- **Exercise aim**
Copy out each line of the listing below in which the string "Unit" occurs.
------
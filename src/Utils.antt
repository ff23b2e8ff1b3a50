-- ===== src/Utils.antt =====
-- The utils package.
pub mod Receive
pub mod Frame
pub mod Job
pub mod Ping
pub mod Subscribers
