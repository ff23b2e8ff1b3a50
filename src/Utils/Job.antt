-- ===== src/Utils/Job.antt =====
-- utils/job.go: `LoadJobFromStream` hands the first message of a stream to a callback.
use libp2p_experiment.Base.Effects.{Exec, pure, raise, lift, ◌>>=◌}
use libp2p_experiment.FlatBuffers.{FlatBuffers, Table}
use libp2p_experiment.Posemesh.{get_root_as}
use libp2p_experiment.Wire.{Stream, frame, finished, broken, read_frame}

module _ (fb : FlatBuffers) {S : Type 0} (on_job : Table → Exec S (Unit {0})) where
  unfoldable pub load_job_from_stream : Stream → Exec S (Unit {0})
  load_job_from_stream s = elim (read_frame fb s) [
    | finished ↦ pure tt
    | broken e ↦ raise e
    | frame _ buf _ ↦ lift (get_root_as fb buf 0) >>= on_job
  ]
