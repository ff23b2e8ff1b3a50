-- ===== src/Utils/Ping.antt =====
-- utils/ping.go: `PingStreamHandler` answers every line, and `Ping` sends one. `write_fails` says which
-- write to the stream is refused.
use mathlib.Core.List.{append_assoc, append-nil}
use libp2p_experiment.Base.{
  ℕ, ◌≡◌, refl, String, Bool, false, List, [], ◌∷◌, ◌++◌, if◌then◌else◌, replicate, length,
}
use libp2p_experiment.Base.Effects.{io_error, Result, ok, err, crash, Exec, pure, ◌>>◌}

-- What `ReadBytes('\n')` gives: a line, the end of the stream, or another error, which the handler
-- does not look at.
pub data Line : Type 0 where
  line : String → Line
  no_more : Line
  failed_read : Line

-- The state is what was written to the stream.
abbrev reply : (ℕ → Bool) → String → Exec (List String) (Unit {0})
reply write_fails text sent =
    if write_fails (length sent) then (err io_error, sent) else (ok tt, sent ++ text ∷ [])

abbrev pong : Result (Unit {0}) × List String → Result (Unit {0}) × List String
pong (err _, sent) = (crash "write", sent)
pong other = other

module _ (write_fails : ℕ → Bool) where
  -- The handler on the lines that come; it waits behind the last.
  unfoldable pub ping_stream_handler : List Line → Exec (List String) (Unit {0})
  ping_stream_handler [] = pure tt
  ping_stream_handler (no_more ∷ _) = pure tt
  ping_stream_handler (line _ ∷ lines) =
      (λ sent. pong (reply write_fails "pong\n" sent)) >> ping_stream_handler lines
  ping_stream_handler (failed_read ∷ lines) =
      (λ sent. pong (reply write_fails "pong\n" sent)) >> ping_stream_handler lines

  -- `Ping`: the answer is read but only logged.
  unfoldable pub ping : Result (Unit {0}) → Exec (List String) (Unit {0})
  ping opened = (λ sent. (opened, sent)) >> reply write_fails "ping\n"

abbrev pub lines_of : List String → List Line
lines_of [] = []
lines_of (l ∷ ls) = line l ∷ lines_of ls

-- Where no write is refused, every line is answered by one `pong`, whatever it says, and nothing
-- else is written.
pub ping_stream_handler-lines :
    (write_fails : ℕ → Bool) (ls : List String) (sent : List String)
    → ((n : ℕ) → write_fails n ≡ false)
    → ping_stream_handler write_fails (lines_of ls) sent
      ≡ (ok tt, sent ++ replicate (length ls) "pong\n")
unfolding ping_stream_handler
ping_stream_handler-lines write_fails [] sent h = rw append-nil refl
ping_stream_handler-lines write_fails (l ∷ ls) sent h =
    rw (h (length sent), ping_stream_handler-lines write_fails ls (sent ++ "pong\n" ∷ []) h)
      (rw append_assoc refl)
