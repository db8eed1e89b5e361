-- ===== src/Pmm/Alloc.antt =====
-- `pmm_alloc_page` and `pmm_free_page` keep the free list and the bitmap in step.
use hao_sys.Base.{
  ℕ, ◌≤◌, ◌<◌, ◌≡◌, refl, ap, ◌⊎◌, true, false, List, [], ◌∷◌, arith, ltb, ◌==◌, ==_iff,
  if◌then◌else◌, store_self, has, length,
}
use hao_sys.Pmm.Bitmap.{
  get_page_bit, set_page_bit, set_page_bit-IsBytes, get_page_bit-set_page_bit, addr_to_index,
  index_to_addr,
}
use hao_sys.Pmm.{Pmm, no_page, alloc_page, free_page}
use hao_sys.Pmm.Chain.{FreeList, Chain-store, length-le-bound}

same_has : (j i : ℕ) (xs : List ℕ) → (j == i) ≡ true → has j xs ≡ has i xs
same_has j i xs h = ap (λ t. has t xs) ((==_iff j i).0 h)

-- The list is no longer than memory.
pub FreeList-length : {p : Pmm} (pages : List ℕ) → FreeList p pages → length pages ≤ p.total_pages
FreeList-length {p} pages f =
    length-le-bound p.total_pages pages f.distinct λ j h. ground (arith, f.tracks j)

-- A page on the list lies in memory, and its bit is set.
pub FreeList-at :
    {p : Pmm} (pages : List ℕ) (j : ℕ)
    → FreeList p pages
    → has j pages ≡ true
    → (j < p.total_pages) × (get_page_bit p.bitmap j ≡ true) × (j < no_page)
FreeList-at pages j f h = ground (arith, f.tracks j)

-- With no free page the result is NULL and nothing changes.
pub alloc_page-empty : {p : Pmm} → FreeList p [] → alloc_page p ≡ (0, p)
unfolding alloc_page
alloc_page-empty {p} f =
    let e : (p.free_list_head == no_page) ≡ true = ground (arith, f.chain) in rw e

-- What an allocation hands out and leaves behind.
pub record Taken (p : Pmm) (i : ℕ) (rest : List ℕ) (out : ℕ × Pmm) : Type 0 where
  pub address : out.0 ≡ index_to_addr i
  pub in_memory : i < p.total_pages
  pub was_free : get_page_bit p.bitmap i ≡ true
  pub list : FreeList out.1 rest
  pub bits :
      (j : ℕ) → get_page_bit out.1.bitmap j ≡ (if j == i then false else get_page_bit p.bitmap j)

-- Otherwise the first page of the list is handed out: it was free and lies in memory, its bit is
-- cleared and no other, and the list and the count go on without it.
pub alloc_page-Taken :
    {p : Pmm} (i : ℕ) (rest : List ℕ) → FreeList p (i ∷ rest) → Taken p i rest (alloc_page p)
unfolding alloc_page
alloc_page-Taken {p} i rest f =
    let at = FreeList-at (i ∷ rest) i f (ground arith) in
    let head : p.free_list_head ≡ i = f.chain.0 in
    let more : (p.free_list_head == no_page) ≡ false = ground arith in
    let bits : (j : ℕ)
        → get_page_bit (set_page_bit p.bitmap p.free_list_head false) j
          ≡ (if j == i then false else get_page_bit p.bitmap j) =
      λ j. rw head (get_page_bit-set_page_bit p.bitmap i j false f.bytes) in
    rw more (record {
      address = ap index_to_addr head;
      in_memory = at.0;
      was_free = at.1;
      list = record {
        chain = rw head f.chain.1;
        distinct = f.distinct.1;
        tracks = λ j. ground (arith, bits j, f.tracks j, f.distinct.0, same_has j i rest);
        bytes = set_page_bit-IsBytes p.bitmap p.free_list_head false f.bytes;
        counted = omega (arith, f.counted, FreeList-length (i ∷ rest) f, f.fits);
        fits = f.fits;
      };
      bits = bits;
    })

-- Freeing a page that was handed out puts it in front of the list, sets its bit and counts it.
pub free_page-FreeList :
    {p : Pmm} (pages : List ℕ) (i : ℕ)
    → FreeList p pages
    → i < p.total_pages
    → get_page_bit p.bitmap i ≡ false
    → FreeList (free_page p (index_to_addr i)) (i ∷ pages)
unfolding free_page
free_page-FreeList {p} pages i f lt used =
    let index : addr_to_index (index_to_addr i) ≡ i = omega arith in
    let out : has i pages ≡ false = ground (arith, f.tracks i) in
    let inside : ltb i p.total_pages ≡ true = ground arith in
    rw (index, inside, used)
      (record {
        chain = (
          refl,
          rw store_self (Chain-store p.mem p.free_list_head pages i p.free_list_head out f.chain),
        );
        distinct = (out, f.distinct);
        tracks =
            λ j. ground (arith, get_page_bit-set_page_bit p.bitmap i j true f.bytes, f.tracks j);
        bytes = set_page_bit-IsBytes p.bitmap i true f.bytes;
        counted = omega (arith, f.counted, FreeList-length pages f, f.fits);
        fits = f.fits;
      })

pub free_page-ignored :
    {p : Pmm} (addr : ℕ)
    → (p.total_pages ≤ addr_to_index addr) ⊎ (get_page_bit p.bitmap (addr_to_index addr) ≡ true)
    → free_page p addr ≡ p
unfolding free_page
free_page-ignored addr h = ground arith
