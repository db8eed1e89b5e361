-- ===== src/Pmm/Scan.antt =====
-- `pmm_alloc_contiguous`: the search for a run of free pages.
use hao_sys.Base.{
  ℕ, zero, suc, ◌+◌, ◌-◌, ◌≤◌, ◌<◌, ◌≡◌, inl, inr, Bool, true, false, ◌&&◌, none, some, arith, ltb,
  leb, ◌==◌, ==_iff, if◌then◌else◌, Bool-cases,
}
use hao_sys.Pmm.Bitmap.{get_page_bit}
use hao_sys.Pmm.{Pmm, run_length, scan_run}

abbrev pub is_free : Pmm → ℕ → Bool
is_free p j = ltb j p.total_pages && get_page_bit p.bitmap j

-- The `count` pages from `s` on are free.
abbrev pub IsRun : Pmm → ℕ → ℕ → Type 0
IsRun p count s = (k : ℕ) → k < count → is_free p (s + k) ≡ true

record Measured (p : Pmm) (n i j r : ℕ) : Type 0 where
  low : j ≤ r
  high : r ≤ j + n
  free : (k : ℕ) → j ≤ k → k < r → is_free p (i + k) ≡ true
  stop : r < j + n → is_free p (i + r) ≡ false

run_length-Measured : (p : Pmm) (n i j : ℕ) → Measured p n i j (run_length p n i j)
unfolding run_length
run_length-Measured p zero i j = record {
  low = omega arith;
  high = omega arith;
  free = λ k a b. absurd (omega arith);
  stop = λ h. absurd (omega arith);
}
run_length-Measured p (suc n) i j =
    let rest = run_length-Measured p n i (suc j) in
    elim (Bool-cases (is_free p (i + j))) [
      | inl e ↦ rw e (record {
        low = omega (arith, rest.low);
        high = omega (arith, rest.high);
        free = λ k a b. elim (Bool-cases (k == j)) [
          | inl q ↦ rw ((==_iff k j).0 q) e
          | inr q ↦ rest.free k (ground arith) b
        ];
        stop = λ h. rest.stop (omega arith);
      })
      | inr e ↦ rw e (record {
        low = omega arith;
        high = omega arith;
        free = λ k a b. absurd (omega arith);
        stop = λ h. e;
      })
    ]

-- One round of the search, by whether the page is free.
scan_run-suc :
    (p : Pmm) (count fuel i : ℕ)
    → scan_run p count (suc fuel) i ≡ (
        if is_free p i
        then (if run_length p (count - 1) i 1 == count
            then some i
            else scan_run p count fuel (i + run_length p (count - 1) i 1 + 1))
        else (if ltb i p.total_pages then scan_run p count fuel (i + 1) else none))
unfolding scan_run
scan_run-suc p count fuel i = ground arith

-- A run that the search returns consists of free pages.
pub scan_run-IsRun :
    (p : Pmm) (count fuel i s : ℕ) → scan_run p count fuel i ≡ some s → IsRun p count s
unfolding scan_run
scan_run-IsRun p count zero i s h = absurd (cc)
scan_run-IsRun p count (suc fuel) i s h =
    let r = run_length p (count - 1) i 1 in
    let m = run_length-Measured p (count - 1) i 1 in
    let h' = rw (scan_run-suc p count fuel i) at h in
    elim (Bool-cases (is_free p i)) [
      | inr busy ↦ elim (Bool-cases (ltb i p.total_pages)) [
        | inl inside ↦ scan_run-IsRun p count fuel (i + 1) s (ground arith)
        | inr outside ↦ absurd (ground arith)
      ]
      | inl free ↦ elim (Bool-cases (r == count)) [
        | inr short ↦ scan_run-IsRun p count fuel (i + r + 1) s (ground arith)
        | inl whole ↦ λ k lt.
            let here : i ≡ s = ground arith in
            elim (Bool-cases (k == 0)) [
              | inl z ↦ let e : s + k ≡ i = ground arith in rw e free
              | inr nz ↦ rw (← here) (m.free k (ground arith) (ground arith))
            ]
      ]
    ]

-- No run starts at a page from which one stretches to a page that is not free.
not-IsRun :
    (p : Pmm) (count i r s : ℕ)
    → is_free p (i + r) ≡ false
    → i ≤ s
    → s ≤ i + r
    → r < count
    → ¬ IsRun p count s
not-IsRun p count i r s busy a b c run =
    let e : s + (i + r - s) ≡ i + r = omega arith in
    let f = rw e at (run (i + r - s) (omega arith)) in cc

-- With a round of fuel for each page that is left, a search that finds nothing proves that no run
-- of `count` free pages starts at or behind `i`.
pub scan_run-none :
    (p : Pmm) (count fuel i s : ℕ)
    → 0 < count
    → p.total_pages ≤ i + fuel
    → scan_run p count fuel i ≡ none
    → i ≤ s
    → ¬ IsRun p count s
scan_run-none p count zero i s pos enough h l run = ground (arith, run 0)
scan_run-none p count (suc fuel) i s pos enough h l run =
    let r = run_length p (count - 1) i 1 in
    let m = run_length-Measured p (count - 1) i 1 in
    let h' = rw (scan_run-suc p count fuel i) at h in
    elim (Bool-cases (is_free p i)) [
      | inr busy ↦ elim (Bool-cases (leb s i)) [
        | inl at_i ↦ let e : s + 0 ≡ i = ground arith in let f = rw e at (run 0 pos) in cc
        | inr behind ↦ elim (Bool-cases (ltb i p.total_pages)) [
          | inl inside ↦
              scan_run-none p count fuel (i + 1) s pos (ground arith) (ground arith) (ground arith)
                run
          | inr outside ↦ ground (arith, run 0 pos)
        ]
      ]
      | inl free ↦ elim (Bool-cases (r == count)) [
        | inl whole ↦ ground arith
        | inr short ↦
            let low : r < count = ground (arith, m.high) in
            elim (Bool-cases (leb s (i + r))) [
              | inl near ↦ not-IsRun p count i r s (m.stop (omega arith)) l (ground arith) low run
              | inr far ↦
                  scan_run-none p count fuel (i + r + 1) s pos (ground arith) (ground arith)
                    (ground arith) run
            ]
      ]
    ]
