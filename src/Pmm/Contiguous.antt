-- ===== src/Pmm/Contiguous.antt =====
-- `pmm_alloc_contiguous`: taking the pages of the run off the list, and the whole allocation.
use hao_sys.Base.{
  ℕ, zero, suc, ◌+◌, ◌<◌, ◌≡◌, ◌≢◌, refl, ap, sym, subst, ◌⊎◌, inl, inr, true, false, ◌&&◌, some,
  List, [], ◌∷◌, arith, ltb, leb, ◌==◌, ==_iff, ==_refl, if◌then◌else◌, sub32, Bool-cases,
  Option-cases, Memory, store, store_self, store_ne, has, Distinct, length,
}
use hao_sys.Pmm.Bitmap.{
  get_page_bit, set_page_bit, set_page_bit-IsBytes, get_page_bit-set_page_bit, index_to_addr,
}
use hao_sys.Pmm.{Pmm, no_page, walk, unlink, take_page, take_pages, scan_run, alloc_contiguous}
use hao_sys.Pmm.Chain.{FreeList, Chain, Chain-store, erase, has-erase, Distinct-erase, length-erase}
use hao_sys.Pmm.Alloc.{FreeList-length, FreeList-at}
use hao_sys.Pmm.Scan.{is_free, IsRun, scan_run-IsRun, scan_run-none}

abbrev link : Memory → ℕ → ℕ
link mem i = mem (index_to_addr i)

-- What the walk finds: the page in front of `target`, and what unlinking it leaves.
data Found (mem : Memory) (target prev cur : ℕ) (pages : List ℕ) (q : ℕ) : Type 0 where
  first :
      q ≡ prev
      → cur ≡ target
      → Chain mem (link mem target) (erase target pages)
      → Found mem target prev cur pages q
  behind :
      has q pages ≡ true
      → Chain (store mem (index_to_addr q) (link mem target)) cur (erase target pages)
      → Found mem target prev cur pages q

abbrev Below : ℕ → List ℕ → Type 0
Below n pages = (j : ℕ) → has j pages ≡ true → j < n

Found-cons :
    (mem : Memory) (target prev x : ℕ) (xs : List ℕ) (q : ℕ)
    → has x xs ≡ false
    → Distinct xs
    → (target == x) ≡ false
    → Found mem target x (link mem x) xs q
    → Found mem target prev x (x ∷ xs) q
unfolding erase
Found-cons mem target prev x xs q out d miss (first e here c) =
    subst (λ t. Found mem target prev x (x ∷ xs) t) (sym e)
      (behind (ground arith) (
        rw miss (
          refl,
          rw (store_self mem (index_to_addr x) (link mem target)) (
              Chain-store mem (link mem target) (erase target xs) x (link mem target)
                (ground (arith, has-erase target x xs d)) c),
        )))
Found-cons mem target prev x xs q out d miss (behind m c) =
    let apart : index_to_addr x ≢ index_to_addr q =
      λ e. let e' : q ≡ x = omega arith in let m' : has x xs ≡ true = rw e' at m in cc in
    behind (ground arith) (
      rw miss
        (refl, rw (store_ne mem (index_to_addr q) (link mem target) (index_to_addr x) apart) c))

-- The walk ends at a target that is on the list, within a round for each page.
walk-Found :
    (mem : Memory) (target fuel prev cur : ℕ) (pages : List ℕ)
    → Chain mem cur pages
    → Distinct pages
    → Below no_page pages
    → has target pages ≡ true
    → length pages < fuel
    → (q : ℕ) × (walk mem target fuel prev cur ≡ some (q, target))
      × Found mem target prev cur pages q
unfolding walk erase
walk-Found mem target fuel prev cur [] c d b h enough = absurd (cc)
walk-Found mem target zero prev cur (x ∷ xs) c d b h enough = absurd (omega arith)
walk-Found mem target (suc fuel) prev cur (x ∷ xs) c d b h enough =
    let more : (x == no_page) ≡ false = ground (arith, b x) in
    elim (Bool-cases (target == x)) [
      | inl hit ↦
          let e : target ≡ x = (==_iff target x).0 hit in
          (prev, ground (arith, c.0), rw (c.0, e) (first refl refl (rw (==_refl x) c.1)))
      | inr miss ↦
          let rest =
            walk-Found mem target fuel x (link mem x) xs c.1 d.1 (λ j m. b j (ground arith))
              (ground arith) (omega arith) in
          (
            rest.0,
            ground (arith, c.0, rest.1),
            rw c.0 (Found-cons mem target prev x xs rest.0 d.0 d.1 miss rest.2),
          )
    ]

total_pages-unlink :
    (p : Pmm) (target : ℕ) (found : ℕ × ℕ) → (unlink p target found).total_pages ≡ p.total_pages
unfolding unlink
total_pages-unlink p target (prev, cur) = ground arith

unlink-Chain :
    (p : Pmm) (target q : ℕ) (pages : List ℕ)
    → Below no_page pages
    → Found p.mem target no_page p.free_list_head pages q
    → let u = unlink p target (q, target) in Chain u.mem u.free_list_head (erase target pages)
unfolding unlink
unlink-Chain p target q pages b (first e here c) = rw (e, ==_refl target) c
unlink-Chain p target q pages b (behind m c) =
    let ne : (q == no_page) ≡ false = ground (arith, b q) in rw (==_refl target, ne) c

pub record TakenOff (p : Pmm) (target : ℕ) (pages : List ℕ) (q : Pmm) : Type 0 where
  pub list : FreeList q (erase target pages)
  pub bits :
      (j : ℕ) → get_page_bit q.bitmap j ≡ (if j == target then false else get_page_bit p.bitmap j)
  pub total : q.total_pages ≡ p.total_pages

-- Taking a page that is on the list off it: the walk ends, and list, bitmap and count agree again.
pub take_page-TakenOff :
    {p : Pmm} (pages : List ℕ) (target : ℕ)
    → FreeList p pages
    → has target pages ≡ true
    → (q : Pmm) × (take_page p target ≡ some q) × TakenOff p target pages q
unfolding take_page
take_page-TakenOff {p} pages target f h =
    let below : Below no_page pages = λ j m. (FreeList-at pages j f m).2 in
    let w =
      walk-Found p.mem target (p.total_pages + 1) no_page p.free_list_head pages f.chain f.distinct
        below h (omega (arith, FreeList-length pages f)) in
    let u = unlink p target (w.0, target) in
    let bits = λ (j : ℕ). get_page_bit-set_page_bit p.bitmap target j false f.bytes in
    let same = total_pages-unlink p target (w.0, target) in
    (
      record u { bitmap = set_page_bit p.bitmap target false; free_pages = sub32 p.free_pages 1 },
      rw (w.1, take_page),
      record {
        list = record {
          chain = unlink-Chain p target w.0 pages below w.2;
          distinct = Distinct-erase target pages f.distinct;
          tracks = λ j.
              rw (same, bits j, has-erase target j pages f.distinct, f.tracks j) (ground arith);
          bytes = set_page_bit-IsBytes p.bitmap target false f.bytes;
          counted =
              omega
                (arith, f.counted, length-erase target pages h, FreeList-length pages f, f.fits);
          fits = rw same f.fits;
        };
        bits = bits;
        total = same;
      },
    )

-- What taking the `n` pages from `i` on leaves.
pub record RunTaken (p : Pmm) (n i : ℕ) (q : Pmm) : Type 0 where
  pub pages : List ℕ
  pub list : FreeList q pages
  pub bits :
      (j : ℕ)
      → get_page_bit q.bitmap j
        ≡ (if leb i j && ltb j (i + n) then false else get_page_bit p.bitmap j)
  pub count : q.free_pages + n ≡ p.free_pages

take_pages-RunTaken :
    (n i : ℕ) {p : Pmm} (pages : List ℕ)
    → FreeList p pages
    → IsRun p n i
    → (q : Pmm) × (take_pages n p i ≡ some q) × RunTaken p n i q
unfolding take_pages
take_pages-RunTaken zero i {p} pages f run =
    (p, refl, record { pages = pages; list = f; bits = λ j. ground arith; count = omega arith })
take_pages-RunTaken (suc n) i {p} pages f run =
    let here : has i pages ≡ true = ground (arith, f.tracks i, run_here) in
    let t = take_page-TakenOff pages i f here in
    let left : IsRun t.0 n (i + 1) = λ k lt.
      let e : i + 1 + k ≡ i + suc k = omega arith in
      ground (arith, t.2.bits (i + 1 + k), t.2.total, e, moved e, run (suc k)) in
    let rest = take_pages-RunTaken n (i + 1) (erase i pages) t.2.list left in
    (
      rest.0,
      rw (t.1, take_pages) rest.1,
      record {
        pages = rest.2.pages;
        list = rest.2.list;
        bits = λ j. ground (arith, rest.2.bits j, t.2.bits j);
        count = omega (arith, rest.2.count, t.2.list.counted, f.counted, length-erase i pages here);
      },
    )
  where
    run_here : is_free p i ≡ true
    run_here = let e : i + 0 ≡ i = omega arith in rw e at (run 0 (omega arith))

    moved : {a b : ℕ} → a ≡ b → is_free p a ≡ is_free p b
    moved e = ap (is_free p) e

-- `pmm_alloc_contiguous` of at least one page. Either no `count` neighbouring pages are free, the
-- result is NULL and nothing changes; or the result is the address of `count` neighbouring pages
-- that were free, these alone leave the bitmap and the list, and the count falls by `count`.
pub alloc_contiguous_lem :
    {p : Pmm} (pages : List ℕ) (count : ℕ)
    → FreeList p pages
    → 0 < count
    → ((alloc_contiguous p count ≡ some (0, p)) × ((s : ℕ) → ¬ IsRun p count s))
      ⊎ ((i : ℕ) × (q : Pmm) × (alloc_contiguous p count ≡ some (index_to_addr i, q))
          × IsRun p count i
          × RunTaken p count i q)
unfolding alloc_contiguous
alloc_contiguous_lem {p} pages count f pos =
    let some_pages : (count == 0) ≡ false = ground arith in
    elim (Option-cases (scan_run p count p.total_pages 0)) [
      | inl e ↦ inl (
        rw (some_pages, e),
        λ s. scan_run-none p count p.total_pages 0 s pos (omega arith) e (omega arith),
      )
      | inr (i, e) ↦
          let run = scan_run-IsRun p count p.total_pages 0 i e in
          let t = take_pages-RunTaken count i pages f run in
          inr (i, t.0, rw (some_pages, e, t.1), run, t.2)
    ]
------
- **The completed task**
module _ (fb : FlatBuffers) {S : Type 0} (on_job : Table → Exec S (Unit {0})) where
  unfoldable pub load_job_from_stream : Stream → Exec S (Unit {0})
abbrev reply : (ℕ → Bool) → String → Exec (List String) (Unit {0})
abbrev pong : Result (Unit {0}) × List String → Result (Unit {0}) × List String
  unfoldable pub ping_stream_handler : List Line → Exec (List String) (Unit {0})
  unfoldable pub ping : Result (Unit {0}) → Exec (List String) (Unit {0})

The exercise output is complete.